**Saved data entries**
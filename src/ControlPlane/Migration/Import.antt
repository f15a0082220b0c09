-- ===== src/ControlPlane/Migration/Import.antt =====
-- The parts of the import: `importLegacyCheckpoint`, `importLegacyDecision` and
-- `ImportLegacyApprovals` of internal/controlplane/migration.go.
use roambench.Base.{
  ℕ, ◌-◌, ⊤, false, ◌||◌, not, Option, none, some, [], ◌∷◌, ◌++◌, map, any, find, count, ◌==◌,
  if◌then◌else◌,
}
use roambench.Base.Text.{Text, codes, is_empty, trim_space}
use roambench.ControlPlane.Errors.{Result, ok, err, validation, storage}
use roambench.ControlPlane.Db.{
  Status, expired, cancelled, resolved, is_pending, Interaction, Response, Decision, EventType,
  of_import, of_reimport, OutboxEvent, ProjectionState, Projection, Db, Tx, ◌>>=◌, ◌>>◌, pure,
  transact,
}
use roambench.ControlPlane.Interactions.{normalized_strings, at_request}
use roambench.ControlPlane.Interactions.Create.{same_interaction}
use roambench.ControlPlane.Migration.Statements.{
  add_message, add_response, add_decision, add_projection, add_audit,
}
use roambench.ControlPlane.Migration.{
  LegacyCheckpoint, LegacyDecision, LegacyAuditEvent, Snapshot, legacy_status, legacy_action,
  version_of, is_newer, is_unchanged, each,
}

module _ (parse_time : Text → Option ℕ) (decimal : ℕ → Text) (now : ℕ) where
  -- `normalizedLegacyTime`.
  unfoldable pub normalized_time : Text → ℕ
  normalized_time value = elim (parse_time (trim_space value)) [ none ↦ now | some t ↦ t ]

  -- `nullableLegacyResolved`.
  abbrev resolved_time : Status → Text → ℕ
  resolved_time status value = if is_pending status then 0 else normalized_time value

  -- The row of a checkpoint that is new.
  unfoldable pub imported_row : Text → LegacyCheckpoint → Interaction
  imported_row user c = record {
    request_id = c.id;
    username = user;
    checkpoint_id = c.id;
    task_id = c.task_id;
    runtime_id = codes "project-control";
    session_id = codes "project-control";
    adapter_kind = codes "project-control";
    vendor_request_id = c.id;
    request_kind = c.kind;
    risk_class = codes "R1";
    title = c.title;
    summary = c.reason;
    preview = c.reason;
    artifact_refs = [];
    allowed_actions = normalized_strings c.allowed_actions;
    response_schema = record {
      kind = codes "action";
      options = [];
      min_selections = 0;
      max_selections = 0;
      max_feedback_length = 500;
      allow_custom_text = false;
    };
    ui_hints = codes "{}";
    status = (legacy_status c.status).0;
    final_action = (legacy_status c.status).1;
    created_at = normalized_time c.requested_at;
    expires_at = 0;
    resolved_at = resolved_time (legacy_status c.status).0 c.requested_at;
    row_version = version_of c;
    input_hash = c.input_hash;
  }

  -- The SET of the update of a row that stands already.
  unfoldable pub overwritten : LegacyCheckpoint → Interaction → Interaction
  overwritten c r = record r {
    task_id = c.task_id;
    request_kind = c.kind;
    title = c.title;
    summary = c.reason;
    preview = c.reason;
    allowed_actions = normalized_strings c.allowed_actions;
    status = (legacy_status c.status).0;
    final_action = (legacy_status c.status).1;
    resolved_at = resolved_time (legacy_status c.status).0 c.requested_at;
    row_version = version_of c;
    input_hash = c.input_hash;
  }

  -- The type of the event of an update.
  abbrev event_type_of : Status → EventType
  event_type_of expired = EventType.expired
  event_type_of cancelled = EventType.cancelled
  event_type_of _ = EventType.updated

  abbrev pub update_message : Text → LegacyCheckpoint → OutboxEvent
  update_message user c = record {
    event_id = codes "legacy-updated-" ++ c.id ++ codes "-" ++ decimal (version_of c);
    username = user;
    aggregate_id = c.id;
    event_type = event_type_of (legacy_status c.status).0;
    payload = of_reimport c.id (legacy_status c.status).0 (version_of c);
    created_at = normalized_time c.requested_at;
  }

  abbrev pub create_message : Text → LegacyCheckpoint → OutboxEvent
  create_message user c = record {
    event_id = codes "legacy-created-" ++ c.id;
    username = user;
    aggregate_id = c.id;
    event_type = EventType.created;
    payload = of_import c.id;
    created_at = normalized_time c.requested_at;
  }

  -- The update, and the number of rows that it affected.
  unfoldable pub overwrite_rows : Text → LegacyCheckpoint → Interaction → Tx ℕ
  unfolding overwritten
  overwrite_rows user c old db =
      let test = is_unchanged user old in
      ok (
        count test db.interactions,
        record db {
          interactions = map (λ r. if test r then overwritten c r else r) db.interactions;
        },
      )

  -- A checkpoint whose row stands already.
  unfoldable pub import_again : Text → LegacyCheckpoint → Tx ⊤
  unfolding is_newer overwrite_rows add_message
  import_again user c db = elim (find (at_request user c.id) db.interactions) [
    | none ↦ err storage
    | some old ↦
        if not (is_newer (legacy_status c.status).0 (version_of c) old)
        then ok (tt, db)
        else (overwrite_rows user c old >>= λ affected.
              if not (affected == 1) then pure tt else add_message (update_message user c))
            db
  ]

  -- `importLegacyCheckpoint`.
  unfoldable pub import_checkpoint : Text → LegacyCheckpoint → Tx ⊤
  unfolding imported_row import_again add_message same_interaction
  import_checkpoint user c db =
      let r = imported_row user c in
      if any (same_interaction r) db.interactions
      then import_again user c db
      else add_message (create_message user c)
          (record db { interactions = db.interactions ++ r ∷ [] })

  -- The response that a decision on this row stands for.
  abbrev pub legacy_response : Text → LegacyDecision → Interaction → Response
  legacy_response user d r = record {
    response_id = d.id;
    request_id = r.request_id;
    username = user;
    checkpoint_id = r.checkpoint_id;
    input = record {
      action = legacy_action d.decision_type;
      selected_option_ids = [];
      feedback = d.summary;
      actor = d.actor;
      device_id = codes "migration";
      auth_evidence = codes "legacy-import";
      expected_row_version = r.row_version - 1;
      idempotency_key = codes "legacy-" ++ d.id;
      input_hash = r.input_hash;
    };
    created_at = normalized_time d.timestamp;
  }

  abbrev pub legacy_decision : LegacyDecision → Interaction → Decision
  legacy_decision d r = record {
    decision_id = d.id;
    request_id = r.request_id;
    response_id = d.id;
    action = legacy_action d.decision_type;
    actor = d.actor;
    input_hash = r.input_hash;
    created_at = normalized_time d.timestamp;
  }

  unfoldable pub answer_row : Text → LegacyDecision → Interaction → Tx ⊤
  unfolding add_response add_decision
  answer_row user d r =
      add_response (legacy_response user d r) >> add_decision (legacy_decision d r)

  -- The two inserts that select from the row, where there is one.
  unfoldable pub answer_rows : Text → LegacyDecision → Tx ⊤
  answer_rows user d db = elim (find (at_request user d.checkpoint_id) db.interactions) [
    | none ↦ ok (tt, db)
    | some r ↦ answer_row user d r db
  ]

  abbrev pub resolved_row : LegacyDecision → Interaction → Interaction
  resolved_row d r = record r {
    status = resolved;
    final_action = legacy_action d.decision_type;
    resolved_at = normalized_time d.timestamp;
  }

  -- `UPDATE interactions SET status='resolved',final_action=?,resolved_at=?`.
  unfoldable pub resolve_rows : Text → LegacyDecision → Tx ⊤
  unfolding legacy_action
  resolve_rows user d db =
      let test = at_request user d.checkpoint_id in
      ok (
        tt,
        record db {
          interactions = map (λ r. if test r then resolved_row d r else r) db.interactions;
        },
      )

  abbrev pub legacy_projection : Text → LegacyDecision → Projection
  legacy_projection user d = record {
    decision_id = d.id;
    username = user;
    request_id = d.checkpoint_id;
    response_id = d.id;
    state = ProjectionState.applied;
    attempt_count = 0;
    last_error = [];
    created_at = normalized_time d.timestamp;
    updated_at = normalized_time d.timestamp;
  }

  -- `importLegacyDecision`.
  unfoldable pub import_decision : Text → LegacyDecision → Tx ⊤
  unfolding answer_rows resolve_rows add_projection
  import_decision user d = do
    answer_rows user d
    resolve_rows user d
    add_projection (legacy_projection user d)

  -- The audit events that name a checkpoint.
  unfoldable pub import_event : Text → LegacyAuditEvent → Tx ⊤
  unfolding add_audit
  import_event user e =
      if is_empty (trim_space e.checkpoint_id)
      then pure tt
      else add_audit (record {
        event_id = codes "legacy-" ++ e.id;
        username = user;
        request_id = e.checkpoint_id;
        event_type = EventType.recorded e.action;
        actor = e.actor;
        detail = e.detail;
        created_at = normalized_time e.timestamp;
      })

  -- All of a snapshot.
  unfoldable pub import_all : Text → Snapshot → Tx (Result ⊤)
  unfolding each import_checkpoint import_decision import_event
  import_all user s = do
    each (import_checkpoint user) s.checkpoints
    each (import_decision user) s.decisions
    each (import_event user) s.audit_events
    pure (ok tt)

  -- `ImportLegacyApprovals`.
  unfoldable pub import_legacy_approvals : Snapshot → Db → Result ⊤ × Db
  unfolding import_all
  import_legacy_approvals s db =
      if is_empty (trim_space s.username) || is_empty (trim_space s.source_hash)
      then (err validation, db)
      else transact (import_all (trim_space s.username) s) db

**Exercise instructions**
Output the records above exactly, from their first line through the line that contains "-- The parts", and add nothing.

**The completed task**
filename src/ControlPlane/Migration/Import.antt
repository f15a0082220b0c09
-- ===== src/ControlPlane/Migration/Import.antt =====
-- The parts of the import: `importLegacyCheckpoint`, `importLegacyDecision` and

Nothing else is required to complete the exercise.